▼
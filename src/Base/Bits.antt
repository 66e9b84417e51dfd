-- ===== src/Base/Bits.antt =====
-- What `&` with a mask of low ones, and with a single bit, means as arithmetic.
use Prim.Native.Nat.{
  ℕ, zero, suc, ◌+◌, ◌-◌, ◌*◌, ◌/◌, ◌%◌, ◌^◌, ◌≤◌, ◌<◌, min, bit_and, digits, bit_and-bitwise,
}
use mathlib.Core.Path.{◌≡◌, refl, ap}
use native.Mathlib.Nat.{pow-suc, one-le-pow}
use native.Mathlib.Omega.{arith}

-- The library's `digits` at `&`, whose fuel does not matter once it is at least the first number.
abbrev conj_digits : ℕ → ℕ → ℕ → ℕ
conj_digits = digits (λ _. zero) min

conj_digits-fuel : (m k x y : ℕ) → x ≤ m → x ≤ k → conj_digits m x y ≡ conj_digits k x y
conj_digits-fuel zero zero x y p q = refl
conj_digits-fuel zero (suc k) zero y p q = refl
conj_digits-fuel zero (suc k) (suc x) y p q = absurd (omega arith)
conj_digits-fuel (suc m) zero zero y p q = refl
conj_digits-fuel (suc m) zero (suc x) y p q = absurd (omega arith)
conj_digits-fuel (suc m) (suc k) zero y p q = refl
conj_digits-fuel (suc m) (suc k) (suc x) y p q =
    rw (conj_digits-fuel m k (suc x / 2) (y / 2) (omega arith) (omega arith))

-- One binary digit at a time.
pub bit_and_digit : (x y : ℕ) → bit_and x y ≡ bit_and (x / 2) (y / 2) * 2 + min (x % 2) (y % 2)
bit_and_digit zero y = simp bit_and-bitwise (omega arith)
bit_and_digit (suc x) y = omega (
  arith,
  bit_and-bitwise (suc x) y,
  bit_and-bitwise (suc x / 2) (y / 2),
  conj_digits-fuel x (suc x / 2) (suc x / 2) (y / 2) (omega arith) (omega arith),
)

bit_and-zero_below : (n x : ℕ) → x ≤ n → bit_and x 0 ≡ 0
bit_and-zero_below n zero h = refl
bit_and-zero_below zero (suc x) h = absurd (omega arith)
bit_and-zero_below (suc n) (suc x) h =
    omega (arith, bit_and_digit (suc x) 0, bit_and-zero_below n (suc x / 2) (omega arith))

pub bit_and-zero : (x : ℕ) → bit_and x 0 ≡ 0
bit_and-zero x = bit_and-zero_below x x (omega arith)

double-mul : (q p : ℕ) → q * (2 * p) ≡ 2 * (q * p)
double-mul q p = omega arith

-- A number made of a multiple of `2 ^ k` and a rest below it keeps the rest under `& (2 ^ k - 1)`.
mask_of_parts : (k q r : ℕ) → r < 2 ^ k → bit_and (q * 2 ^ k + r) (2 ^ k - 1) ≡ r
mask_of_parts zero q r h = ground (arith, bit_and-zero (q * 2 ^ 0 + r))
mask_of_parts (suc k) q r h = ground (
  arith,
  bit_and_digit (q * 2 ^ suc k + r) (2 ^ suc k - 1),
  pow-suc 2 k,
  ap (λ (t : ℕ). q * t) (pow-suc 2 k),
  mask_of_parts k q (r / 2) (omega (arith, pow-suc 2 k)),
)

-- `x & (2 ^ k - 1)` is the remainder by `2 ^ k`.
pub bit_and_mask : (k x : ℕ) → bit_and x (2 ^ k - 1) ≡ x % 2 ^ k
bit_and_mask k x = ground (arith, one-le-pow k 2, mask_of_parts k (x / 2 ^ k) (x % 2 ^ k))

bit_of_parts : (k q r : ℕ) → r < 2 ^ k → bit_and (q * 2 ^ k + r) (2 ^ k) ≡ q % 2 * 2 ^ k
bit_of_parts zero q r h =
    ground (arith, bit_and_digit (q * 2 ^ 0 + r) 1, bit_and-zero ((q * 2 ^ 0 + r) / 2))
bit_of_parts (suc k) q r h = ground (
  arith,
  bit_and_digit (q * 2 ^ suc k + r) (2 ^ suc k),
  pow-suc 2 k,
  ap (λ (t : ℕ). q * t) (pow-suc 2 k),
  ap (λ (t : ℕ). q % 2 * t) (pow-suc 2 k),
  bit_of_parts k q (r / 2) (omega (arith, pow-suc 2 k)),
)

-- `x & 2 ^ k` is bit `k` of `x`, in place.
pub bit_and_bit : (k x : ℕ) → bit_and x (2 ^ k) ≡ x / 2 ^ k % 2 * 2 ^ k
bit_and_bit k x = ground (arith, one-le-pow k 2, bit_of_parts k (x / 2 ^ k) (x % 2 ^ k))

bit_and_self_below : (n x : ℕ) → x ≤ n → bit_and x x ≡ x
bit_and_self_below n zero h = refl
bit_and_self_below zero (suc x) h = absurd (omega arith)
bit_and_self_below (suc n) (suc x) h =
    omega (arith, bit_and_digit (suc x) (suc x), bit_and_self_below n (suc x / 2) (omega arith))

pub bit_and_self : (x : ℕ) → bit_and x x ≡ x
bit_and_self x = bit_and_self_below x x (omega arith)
▲
▼
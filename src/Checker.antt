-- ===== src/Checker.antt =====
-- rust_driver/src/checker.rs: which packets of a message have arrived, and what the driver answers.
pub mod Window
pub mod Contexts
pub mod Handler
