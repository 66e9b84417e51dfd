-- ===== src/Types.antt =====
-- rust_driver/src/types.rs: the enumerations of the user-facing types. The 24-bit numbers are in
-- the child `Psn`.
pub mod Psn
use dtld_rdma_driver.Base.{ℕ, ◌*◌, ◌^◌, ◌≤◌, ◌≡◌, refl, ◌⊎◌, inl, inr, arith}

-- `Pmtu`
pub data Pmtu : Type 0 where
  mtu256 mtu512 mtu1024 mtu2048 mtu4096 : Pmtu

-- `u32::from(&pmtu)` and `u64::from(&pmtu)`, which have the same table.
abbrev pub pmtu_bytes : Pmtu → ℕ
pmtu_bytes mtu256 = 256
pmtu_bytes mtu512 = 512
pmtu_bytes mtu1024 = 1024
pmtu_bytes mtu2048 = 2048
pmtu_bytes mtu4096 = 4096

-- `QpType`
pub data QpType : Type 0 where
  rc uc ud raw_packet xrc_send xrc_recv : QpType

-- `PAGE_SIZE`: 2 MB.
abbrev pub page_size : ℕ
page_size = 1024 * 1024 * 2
▲
▼
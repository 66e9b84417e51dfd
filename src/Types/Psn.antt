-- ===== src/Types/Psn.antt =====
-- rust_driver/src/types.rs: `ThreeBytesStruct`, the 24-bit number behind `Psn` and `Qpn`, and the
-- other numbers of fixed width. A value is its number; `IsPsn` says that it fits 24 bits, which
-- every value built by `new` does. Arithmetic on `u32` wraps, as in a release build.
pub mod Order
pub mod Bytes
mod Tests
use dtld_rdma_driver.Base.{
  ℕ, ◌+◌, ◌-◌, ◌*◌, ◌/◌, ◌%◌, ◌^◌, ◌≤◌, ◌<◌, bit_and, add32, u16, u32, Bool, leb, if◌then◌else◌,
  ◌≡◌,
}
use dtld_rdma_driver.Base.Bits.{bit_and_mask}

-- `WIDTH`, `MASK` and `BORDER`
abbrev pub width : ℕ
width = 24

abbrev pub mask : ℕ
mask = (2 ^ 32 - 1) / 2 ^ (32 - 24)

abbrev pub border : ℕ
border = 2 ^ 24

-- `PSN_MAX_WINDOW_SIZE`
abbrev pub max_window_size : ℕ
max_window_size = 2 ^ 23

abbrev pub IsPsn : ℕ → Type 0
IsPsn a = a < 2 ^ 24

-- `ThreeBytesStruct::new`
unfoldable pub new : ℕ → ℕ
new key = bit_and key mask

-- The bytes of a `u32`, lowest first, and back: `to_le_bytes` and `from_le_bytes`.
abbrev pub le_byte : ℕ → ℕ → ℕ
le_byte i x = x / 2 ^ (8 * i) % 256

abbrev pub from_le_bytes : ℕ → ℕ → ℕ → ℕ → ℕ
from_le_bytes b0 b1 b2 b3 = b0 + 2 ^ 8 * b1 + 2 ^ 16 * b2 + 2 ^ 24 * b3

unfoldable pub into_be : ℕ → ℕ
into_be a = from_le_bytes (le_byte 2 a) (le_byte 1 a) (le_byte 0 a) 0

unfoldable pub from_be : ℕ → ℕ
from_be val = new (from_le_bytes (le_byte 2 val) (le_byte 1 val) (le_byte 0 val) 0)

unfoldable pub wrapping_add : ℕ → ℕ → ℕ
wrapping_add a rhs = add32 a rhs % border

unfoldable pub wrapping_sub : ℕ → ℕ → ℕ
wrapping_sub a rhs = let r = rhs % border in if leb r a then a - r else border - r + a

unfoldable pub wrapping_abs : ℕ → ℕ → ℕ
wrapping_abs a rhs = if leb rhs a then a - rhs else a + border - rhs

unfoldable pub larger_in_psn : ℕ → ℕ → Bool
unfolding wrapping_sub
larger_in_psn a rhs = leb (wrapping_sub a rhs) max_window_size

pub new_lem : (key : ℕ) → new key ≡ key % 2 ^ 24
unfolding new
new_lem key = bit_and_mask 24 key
▲
Collect, from the material above, every line containing the word "Base".

filename src/Base/Bits.antt
-- ===== src/Base/Bits.antt =====
use dtld_rdma_driver.Base.{ℕ, ◌*◌, ◌^◌, ◌≤◌, ◌≡◌, refl, ◌⊎◌, inl, inr, arith}
use dtld_rdma_driver.Base.{
use dtld_rdma_driver.Base.Bits.{bit_and_mask}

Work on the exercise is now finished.